[Stored items]
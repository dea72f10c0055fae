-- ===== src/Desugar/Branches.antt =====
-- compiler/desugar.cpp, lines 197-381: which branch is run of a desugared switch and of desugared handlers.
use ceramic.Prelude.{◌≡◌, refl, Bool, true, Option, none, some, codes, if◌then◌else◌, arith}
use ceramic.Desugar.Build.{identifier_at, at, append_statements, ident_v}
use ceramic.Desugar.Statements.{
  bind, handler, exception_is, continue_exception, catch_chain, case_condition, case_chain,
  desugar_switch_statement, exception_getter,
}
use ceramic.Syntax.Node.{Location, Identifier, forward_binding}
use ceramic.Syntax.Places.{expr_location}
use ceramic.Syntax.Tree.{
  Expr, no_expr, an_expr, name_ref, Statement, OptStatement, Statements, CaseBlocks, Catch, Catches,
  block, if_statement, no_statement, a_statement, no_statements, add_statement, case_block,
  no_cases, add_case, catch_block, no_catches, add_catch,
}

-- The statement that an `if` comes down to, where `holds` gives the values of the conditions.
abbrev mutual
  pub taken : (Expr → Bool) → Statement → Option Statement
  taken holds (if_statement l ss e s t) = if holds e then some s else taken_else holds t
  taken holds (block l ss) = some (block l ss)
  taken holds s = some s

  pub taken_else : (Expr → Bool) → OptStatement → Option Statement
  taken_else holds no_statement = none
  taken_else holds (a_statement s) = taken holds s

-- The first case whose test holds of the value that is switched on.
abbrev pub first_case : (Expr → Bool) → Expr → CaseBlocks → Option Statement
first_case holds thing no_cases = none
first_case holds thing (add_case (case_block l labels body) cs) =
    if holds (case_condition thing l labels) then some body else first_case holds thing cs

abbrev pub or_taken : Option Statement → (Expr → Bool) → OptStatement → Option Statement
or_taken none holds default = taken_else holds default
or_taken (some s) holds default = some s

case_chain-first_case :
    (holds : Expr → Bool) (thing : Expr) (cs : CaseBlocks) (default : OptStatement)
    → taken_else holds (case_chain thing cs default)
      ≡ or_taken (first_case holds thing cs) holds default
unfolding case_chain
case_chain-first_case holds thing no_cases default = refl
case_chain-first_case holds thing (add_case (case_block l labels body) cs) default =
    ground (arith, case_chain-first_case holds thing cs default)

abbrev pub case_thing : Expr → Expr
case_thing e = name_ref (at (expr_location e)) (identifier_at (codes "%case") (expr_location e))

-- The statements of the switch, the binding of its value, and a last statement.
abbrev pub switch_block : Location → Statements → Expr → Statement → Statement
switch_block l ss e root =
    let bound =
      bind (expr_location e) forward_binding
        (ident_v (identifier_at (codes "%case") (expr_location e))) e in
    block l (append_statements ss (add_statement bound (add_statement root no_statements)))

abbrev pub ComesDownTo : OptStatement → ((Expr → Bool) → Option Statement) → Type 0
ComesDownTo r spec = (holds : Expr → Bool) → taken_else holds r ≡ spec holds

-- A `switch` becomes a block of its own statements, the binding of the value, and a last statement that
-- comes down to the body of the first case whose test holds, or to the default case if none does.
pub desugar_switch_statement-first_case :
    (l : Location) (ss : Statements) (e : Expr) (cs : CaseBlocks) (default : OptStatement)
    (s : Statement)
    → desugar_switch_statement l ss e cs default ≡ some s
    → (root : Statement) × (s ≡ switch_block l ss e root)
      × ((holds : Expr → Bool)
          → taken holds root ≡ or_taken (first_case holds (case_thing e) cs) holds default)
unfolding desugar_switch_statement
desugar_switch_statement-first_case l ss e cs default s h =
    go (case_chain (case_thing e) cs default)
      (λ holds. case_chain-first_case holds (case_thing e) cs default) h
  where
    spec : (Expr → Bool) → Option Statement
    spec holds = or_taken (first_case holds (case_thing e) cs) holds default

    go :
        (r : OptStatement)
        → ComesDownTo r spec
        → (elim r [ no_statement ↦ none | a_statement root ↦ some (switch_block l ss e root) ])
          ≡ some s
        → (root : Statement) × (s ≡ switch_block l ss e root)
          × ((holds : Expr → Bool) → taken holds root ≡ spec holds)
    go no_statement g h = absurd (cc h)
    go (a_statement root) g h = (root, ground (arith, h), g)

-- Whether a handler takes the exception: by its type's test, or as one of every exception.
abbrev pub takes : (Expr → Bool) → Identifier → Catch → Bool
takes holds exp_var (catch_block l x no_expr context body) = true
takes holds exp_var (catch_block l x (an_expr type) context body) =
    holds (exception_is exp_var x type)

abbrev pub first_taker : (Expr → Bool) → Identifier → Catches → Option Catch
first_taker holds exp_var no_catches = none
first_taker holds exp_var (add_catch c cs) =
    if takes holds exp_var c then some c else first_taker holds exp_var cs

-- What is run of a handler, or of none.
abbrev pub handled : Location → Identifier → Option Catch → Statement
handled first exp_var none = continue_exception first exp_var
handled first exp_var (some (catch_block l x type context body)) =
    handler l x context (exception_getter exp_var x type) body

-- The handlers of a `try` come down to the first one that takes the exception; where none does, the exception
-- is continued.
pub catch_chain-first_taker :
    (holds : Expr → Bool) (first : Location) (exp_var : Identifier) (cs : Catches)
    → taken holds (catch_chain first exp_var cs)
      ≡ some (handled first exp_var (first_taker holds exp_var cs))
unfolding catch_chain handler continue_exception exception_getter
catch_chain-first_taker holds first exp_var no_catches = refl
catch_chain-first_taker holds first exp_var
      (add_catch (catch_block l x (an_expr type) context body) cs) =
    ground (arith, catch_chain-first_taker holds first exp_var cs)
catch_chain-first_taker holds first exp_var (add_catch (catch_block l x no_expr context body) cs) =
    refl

* * *

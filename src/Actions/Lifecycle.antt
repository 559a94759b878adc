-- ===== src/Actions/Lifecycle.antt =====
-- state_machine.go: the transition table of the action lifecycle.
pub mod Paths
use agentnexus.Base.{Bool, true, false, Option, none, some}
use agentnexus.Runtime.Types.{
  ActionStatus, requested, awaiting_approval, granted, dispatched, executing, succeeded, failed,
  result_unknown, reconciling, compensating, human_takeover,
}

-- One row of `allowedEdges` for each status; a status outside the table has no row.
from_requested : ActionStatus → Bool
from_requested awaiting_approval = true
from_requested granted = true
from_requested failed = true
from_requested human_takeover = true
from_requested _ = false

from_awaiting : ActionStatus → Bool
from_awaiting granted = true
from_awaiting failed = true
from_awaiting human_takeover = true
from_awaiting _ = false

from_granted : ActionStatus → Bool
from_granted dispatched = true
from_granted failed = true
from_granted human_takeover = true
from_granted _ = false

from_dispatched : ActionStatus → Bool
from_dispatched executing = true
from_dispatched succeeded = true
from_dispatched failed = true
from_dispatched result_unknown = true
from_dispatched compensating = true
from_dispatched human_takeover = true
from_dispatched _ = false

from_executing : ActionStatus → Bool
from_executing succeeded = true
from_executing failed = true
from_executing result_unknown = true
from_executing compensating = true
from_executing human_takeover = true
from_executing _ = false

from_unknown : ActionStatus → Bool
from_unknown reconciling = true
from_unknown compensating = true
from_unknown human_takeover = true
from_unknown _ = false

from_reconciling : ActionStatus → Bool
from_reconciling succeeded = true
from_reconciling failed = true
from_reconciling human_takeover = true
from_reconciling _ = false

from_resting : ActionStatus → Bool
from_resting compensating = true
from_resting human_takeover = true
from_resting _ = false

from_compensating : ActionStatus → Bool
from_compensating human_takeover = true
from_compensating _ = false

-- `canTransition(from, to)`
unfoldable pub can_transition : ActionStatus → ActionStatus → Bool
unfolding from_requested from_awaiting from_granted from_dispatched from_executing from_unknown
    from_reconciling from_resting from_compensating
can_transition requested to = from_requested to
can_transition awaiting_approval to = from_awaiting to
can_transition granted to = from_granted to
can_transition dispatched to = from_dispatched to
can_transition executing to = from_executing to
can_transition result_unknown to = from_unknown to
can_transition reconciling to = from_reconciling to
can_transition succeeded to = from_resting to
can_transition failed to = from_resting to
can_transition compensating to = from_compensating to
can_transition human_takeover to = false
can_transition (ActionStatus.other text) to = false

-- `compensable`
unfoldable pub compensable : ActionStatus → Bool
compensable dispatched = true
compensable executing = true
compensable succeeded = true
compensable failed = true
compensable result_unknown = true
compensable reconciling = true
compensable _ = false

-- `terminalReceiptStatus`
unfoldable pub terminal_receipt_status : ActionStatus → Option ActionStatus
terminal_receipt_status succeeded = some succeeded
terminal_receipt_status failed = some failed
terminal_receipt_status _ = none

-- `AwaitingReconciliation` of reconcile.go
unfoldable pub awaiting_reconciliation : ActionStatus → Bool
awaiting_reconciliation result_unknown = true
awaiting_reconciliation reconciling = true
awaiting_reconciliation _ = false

What you have to do -
Write out exactly the lines above between the line with "compensable _ = false" and the line with "awaiting_reconciliation _ = false", inclusive, and nothing beyond them.

Written answer -
compensable _ = false

-- `terminalReceiptStatus`
unfoldable pub terminal_receipt_status : ActionStatus → Option ActionStatus
terminal_receipt_status succeeded = some succeeded
terminal_receipt_status failed = some failed
terminal_receipt_status _ = none

-- `AwaitingReconciliation` of reconcile.go
unfoldable pub awaiting_reconciliation : ActionStatus → Bool
awaiting_reconciliation result_unknown = true
awaiting_reconciliation reconciling = true
awaiting_reconciliation _ = false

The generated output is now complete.